3.5. Cytotoxicity Assay

The assay was implemented according to the published protocols [32,33]. In brief, the Alamar Blue assay was performed for compounds 2–19 by treating them with P388, DLD-1, HuCC-T1, and CCD966SK cancer cells, which were commercially available from the American Type Culture Collection (ATCC). The test was performed in triplicate, and doxorubicin was used as a positive control.

4. Conclusions

In total, 3 new and 16 known compounds were isolated from the soft coral S. cinereum. In the cytotoxicity assay, compound 18 was found to show potent and selective activity toward HuCCT-1 cell line, which is close to the control group, doxorubicin. The relative configuration of 1 was determined by an analysis of NOEs and by comparing the computational conformers with those of its possible epimer. The assignment of the relative configurations of 3, with the lack of crucial NOEs, was successfully attained by the assistance of quantum chemical NMR calculation and the DP4+ method. In this work, it was also found that some cembranolides were not so flexible, and they could be readily assigned the relative configurations by a careful analysis of NOEs based on a computational model.

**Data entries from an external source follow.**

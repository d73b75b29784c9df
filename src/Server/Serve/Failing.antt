-- ===== src/Server/Serve/Failing.antt =====
-- Reads that fail, one after the other.
use package_index.Base.{
  ℕ, ◌+◌, Bool, true, false, Option, some, List, [], ◌∷◌, ◌++◌, ◌≡◌, ◌∙◌, refl, sym, ap, subst,
  length, Bytes, max, arith, All, if◌then◌else◌, append_assoc, append-nil,
}
use package_index.Index.Api.{IndexApi}
use package_index.Server.Bufio.{
  io, eof, net_error, other, IoError, Arrival, error, read_slice, BufioReaderPool,
}
use package_index.Server.Pool.{IsUniform}
use package_index.Server.ReadMessage.{Read, failed, after_slice, read_message}
use package_index.Server.ReadMessage.Framing.{look_short}
use package_index.Server.ReadMessage.Total.{read_message-fresh}
use package_index.Server.Serve.Ends.{serve_going}
use package_index.Server.Serve.{
  World, Status, going, closed, respond, react, after_read, read_round, turn, serve, first, others,
  error_response, written, sent,
}

-- A failing read that has taken no bytes before.
read_message-failing :
    (chosen : Bool) (p : BufioReaderPool) (e : IoError) (rest : List Arrival)
    → IsUniform p
    → (read_message chosen p (error e ∷ rest)).0 ≡ some (failed (io e), rest)
unfolding read_slice after_slice
read_message-failing chosen p e rest u =
    (read_message-fresh chosen p (error e ∷ rest) u).0
    ∙ rw (look_short (max 16 p.buf_size) [] tt (omega arith))

-- Neither the end of the stream nor a timeout.
abbrev pub IsSurvived : IoError → Type 0
IsSurvived eof = ⊥
IsSurvived (net_error timeout temporary) = timeout ≡ false
IsSurvived other = Unit

-- What the client is told of a failure.
abbrev pub said : IoError → Bytes
said (net_error timeout true) = []
said _ = error_response

unfoldable pub told : List IoError → Bytes
told [] = []
told (e ∷ es) = said e ++ told es

unfoldable pub failures : List IoError → List Arrival → List Arrival
failures [] rest = rest
failures (e ∷ es) rest = error e ∷ failures es rest

module _ {ℓ} {S : Type ℓ} (api : IndexApi S) where
  -- The connection is about to deliver `rest`, no deadline and no write fails, `out` has been sent, and
  -- the index is as it was.
  pub record IsUp (store : S) (out : Bytes) (rest : List Arrival) (w : World S) : Type ℓ where
    pub incoming_is : w.conn.incoming ≡ rest
    pub deadlines_is : w.conn.deadlines ≡ []
    pub writes_is : w.conn.writes ≡ []
    pub output_is : w.conn.output ≡ out
    pub store_is : w.store ≡ store
    pub uniform : IsUniform w.pool

  responded :
      (store : S) (out : Bytes) (rest : List Arrival) (w : World S)
      → IsUp store out rest w
      → IsUp store (out ++ error_response) rest (record w { conn = respond error_response w.conn })
  unfolding respond
  responded store out rest w r = record {
    incoming_is = r.incoming_is;
    deadlines_is = r.deadlines_is;
    writes_is = ap others r.writes_is;
    output_is = λ i. r.output_is i ++ written (first sent (r.writes_is i)) error_response;
    store_is = r.store_is;
    uniform = r.uniform;
  }

  abbrev Survived : S → Bytes → List Arrival → World S × Status → Type ℓ
  Survived store out rest r = (r.1 ≡ going) × IsUp store out rest r.0

  react-Survived :
      (store : S) (out : Bytes) (rest : List Arrival) (w : World S) (e : IoError)
      → IsSurvived e
      → IsUp store out rest w
      → Survived store (out ++ said e) rest (react api (failed (io e)) w)
  unfolding react
  react-Survived store out rest w eof v r = absurd v
  react-Survived store out rest w (net_error true temporary) v r = absurd cc
  react-Survived store out rest w (net_error false true) v r =
      (refl, subst (λ x. IsUp store x rest w) (sym (append-nil out)) r)
  react-Survived store out rest w (net_error false false) v r = (refl, responded store out rest w r)
  react-Survived store out rest w other v r = (refl, responded store out rest w r)

  after_read-Survived :
      (store : S) (out : Bytes) (e : IoError) (rest : List Arrival) (w : World S)
      (o : Option (Read × List Arrival))
      → IsSurvived e
      → o ≡ some (failed (io e), rest)
      → IsUp store out rest (record w { conn = record w.conn { incoming = rest } })
      → Survived store (out ++ said e) rest (after_read api o w)
  unfolding after_read
  after_read-Survived store out e rest w o v q r =
      subst (λ x. Survived store (out ++ said e) rest (after_read api x w)) (sym q)
        (react-Survived store out rest (record w { conn = record w.conn { incoming = rest } }) e v
          r)

  turn-Survived :
      (store : S) (out : Bytes) (e : IoError) (rest : List Arrival) (w : World S)
      → IsSurvived e
      → IsUp store out (error e ∷ rest) w
      → Survived store (out ++ said e) rest (turn api w)
  unfolding turn read_round
  turn-Survived store out e rest w v r =
      let ch = first true w.conn.choices in
      let fresh = read_message-fresh ch w.pool w.conn.incoming r.uniform in
      let fails =
        ap (λ (x : List Arrival). (read_message ch w.pool x).0) r.incoming_is
        ∙ read_message-failing ch w.pool e rest r.uniform in
      let w' : World S = record w {
        conn = record w.conn {
          deadlines = others w.conn.deadlines;
          choices = others w.conn.choices;
        };
        pool = (read_message ch w.pool w.conn.incoming).1;
      } in
      subst
        (λ b. Survived store (out ++ said e) rest (
          if b
          then read_round api
              (record w { conn = record w.conn { deadlines = others w.conn.deadlines } })
          else (record w { conn = record w.conn { deadlines = others w.conn.deadlines } }, closed)))
        (sym (ap (first true) r.deadlines_is))
        (after_read-Survived store out e rest w' _ v fails (record {
          incoming_is = refl;
          deadlines_is = ap others r.deadlines_is;
          writes_is = r.writes_is;
          output_is = r.output_is;
          store_is = r.store_is;
          uniform = fresh.1;
        }))

  -- However many reads fail, as long as none is the end of the stream or a timeout, `serve` goes on, one
  -- round for each: it says ERROR for each failure that is not temporary, and leaves the index alone.
  pub serve-failures :
      (es : List IoError) (fuel : ℕ) (store : S) (out : Bytes) (rest : List Arrival) (w : World S)
      → All IsSurvived es
      → IsUp store out (failures es rest) w
      → (w' : World S) × (serve api (length es + fuel) w ≡ serve api fuel w')
        × IsUp store (out ++ told es) rest w'
  unfolding failures told
  serve-failures [] fuel store out rest w v r = (
    w,
    ap (λ n. serve api n w) (omega arith),
    subst (λ x. IsUp store x rest w) (sym (append-nil out)) r,
  )
  serve-failures (e ∷ es) fuel store out rest w v r =
      let (go, next) = turn-Survived store out e (failures es rest) w v.0 r in
      let (w', run, up) =
        serve-failures es fuel store (out ++ said e) rest (turn api w).0 v.1 next in
      (
        w',
        ap (λ n. serve api n w) (omega arith) ∙ serve_going api (length es + fuel) w go ∙ run,
        subst (λ x. IsUp store x rest w') (append_assoc out (said e) (told es)) up,
      )
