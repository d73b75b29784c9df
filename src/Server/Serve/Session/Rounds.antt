-- ===== src/Server/Serve/Session/Rounds.antt =====
-- Each round of the loop answers one line, and the end of the stream closes the connection.
use package_index.Base.{
  ℕ, suc, true, Option, some, List, [], ◌∷◌, ◌++◌, ◌≡◌, ◌∙◌, refl, sym, ap, subst, length, max,
  Bytes, if◌then◌else◌, leb, bytes_eq, append_assoc, append-nil, Bool-cases, inl, inr,
}
use package_index.Index.Graph.{Graph}
use package_index.Index.Api.{IndexApi, IsIndex}
use package_index.Server.WireFormat.{parse_message}
use package_index.Server.WireFormat.Total.{parse_message-ne-panics}
use package_index.Server.WireFormat.Grammar.{parse_message-Distinct}
use package_index.Server.Bufio.{io, eof, buffer_full, Arrival}
use package_index.Server.ReadMessage.{Read, failed, parsed, read_message}
use package_index.Server.ReadMessage.Total.{read_message-fresh}
use package_index.Server.ReadMessage.Framing.{read_message-line}
use package_index.Server.Serve.Ends.{read_message-nil, serve_closed, serve_going}
use package_index.Server.Serve.{
  World, Status, closed, react, after_read, read_round, turn, serve, first, others,
}
use package_index.Server.Serve.Session.{Line, feed, reply, replies, Ready}
use package_index.Server.Serve.Session.Replies.{Replied, react-Replied, large-Replied}

module _ {ℓ} {S : Type ℓ} (api : IndexApi S) (promise : IsIndex api) (size : ℕ) where
  open promise use {view}

  -- The round after `readMessage` has read one line.
  line-Replied :
      (n : ℕ) (g : Graph) (out body : Bytes) (rest : List Arrival) (w : World S)
      → Ready api promise size (suc n) g out rest w
      → Replied api promise size n g out rest (reply size body g) (
          react api
            (if leb (suc (length body)) size
              then parsed (parse_message (body ++ b'\n' ∷ []))
              else failed buffer_full)
            w)
  unfolding reply
  line-Replied n g out body rest w r = elim (Bool-cases (leb (suc (length body)) size)) [
    | inl fits ↦ rw fits (
        react-Replied api promise size n g out rest w (parse_message (body ++ b'\n' ∷ [])) r
          (parse_message-ne-panics _) (parse_message-Distinct _))
    | inr big ↦ rw big (large-Replied api promise size n g out rest w r)
  ]

  after_read-Replied :
      (n : ℕ) (g : Graph) (out : Bytes) (rest : List Arrival) (w : World S)
      (o : Option (Read × List Arrival)) (q : Graph × Bytes) (r : Read)
      → o ≡ some (r, rest)
      → Replied api promise size n g out rest q
          (react api r (record w { conn = record w.conn { incoming = rest } }))
      → Replied api promise size n g out rest q (after_read api o w)
  unfolding after_read
  after_read-Replied n g out rest w o q r e h = rw e h

  -- The world between the read deadline and the reaction to what was read.
  abbrev begun : World S → World S
  begun w = record w { conn = record w.conn { deadlines = others w.conn.deadlines } }

  turn_set :
      (w : World S) → first true w.conn.deadlines ≡ true → turn api w ≡ read_round api (begun w)
  unfolding turn
  turn_set w e = rw (e, turn)

  read_round-Replied :
      (n : ℕ) (g : Graph) (out : Bytes) (l : Line) (rest : List Arrival) (w : World S)
      → Ready api promise size (suc n) g out (l.pieces ++ rest) w
      → Replied api promise size n g out rest (reply size l.body g) (read_round api w)
  unfolding read_round
  read_round-Replied n g out l rest w r =
      let ch = first true w.conn.choices in
      let fresh = read_message-fresh ch w.pool w.conn.incoming r.uniform in
      let now = record w {
        conn = record w.conn { choices = others w.conn.choices };
        pool = (read_message ch w.pool w.conn.incoming).1;
      } in
      after_read-Replied n g out rest now _ (reply size l.body g) _
        (ap (λ (x : List Arrival). (read_message ch w.pool x).0) r.incoming_is
          ∙ read_message-line ch w.pool rest r.uniform l.delivers l.no_newline
          ∙ ap {B = Option (Read × List Arrival)}
              (λ (z : ℕ). some (
                (if leb (suc (length l.body)) z
                    then parsed (parse_message (l.body ++ b'\n' ∷ []))
                    else failed buffer_full),
                rest,
              ))
              r.sized)
        (line-Replied n g out l.body rest
          (record now { conn = record now.conn { incoming = rest } })
          (record {
            incoming_is = refl;
            deadlines_is = r.deadlines_is;
            writes_is = r.writes_is;
            output_is = r.output_is;
            good = r.good;
            shows = r.shows;
            uniform = fresh.1;
            sized = ap (max 16) fresh.2 ∙ r.sized;
          }))

  begun-Ready :
      (n : ℕ) (g : Graph) (out : Bytes) (rest : List Arrival) (w : World S)
      → Ready api promise size n g out rest w
      → Ready api promise size n g out rest (begun w)
  begun-Ready n g out rest w r = record {
    incoming_is = r.incoming_is;
    deadlines_is = ap others r.deadlines_is;
    writes_is = r.writes_is;
    output_is = r.output_is;
    good = r.good;
    shows = r.shows;
    uniform = r.uniform;
    sized = r.sized;
  }

  -- A line is answered, and the connection is ready for the next one.
  pub turn-Replied :
      (n : ℕ) (g : Graph) (out : Bytes) (l : Line) (rest : List Arrival) (w : World S)
      → Ready api promise size (suc n) g out (l.pieces ++ rest) w
      → Replied api promise size n g out rest (reply size l.body g) (turn api w)
  turn-Replied n g out l rest w r =
      subst (Replied api promise size n g out rest (reply size l.body g))
        (sym (turn_set w (ap (first true) r.deadlines_is)))
        (read_round-Replied n g out l rest (begun w) (begun-Ready (suc n) g out _ w r))

  -- The client has closed the connection.
  abbrev Ended : Graph → Bytes → World S × Status → Type 0
  Ended g out r = (r.1 ≡ closed) × (r.0.conn.output ≡ out) × (view r.0.store ≡ g)

  after_read-Ended :
      (g : Graph) (out : Bytes) (w : World S) (o : Option (Read × List Arrival))
      → o ≡ some (failed (io eof), [])
      → w.conn.output ≡ out
      → view w.store ≡ g
      → Ended g out (after_read api o w)
  unfolding after_read react
  after_read-Ended g out w o e h k = rw e (refl, h, k)

  read_round-Ended :
      (n : ℕ) (g : Graph) (out : Bytes) (w : World S)
      → Ready api promise size n g out [] w
      → Ended g out (read_round api w)
  unfolding read_round
  read_round-Ended n g out w r =
      let ch = first true w.conn.choices in
      after_read-Ended g out _ _
        (ap (λ (x : List Arrival). (read_message ch w.pool x).0) r.incoming_is
          ∙ read_message-nil ch w.pool r.uniform)
        r.output_is r.shows

  turn-Ended :
      (n : ℕ) (g : Graph) (out : Bytes) (w : World S)
      → Ready api promise size n g out [] w
      → Ended g out (turn api w)
  turn-Ended n g out w r =
      subst (Ended g out) (sym (turn_set w (ap (first true) r.deadlines_is)))
        (read_round-Ended n g out (begun w) (begun-Ready n g out [] w r))

  -- What a session leaves: everything has been answered, and the connection is closed.
  abbrev pub Answered : Graph × Bytes → Bytes → Option (World S × Status) → Type ℓ
  Answered q out o =
      (w' : World S) × (o ≡ some (w', closed))
      × (w'.conn.output ≡ out ++ q.1)
      × (view w'.store ≡ q.0)

  -- In one round for each line and one for the end of the stream `serve` ends, from a connection
  -- that is about to deliver the lines `ls`, in whatever pieces, and on which no deadline and no
  -- write fails, over an index that keeps its promise, shows `g` and has room for a call for each
  -- line: the client gets for each line, in order, the reply of the specification, and the index
  -- ends as the specification's graph.
  pub serve-session :
      (ls : List Line) (g : Graph) (out : Bytes) (w : World S)
      → Ready api promise size (length ls) g out (feed ls) w
      → Answered (replies size ls g) out (serve api (suc (length ls)) w)
  unfolding feed replies
  serve-session [] g out w r =
      let (end, sent_is, shown) = turn-Ended 0 g out w r in
      ((turn api w).0, serve_closed api 0 w end, rw append-nil sent_is, shown)
  serve-session (l ∷ ls) g out w r =
      let (go, next) = turn-Replied (length ls) g out l (feed ls) w r in
      let q = reply size l.body g in
      let (w', done, sent_is, shown) = serve-session ls q.0 (out ++ q.1) (turn api w).0 next in
      (
        w',
        serve_going api (suc (length ls)) w go ∙ done,
        sent_is ∙ append_assoc out q.1 (replies size ls q.0).1,
        shown,
      )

In contrast to the flexible molecules, the assignment of relative configuration was hindered by a lack of useful NOE data neighboring the stereogenic center. For this case, the computational NMR data coupled with the DP4+ approach could provide an alternative to elucidate the relative configurations of stereogenic centers.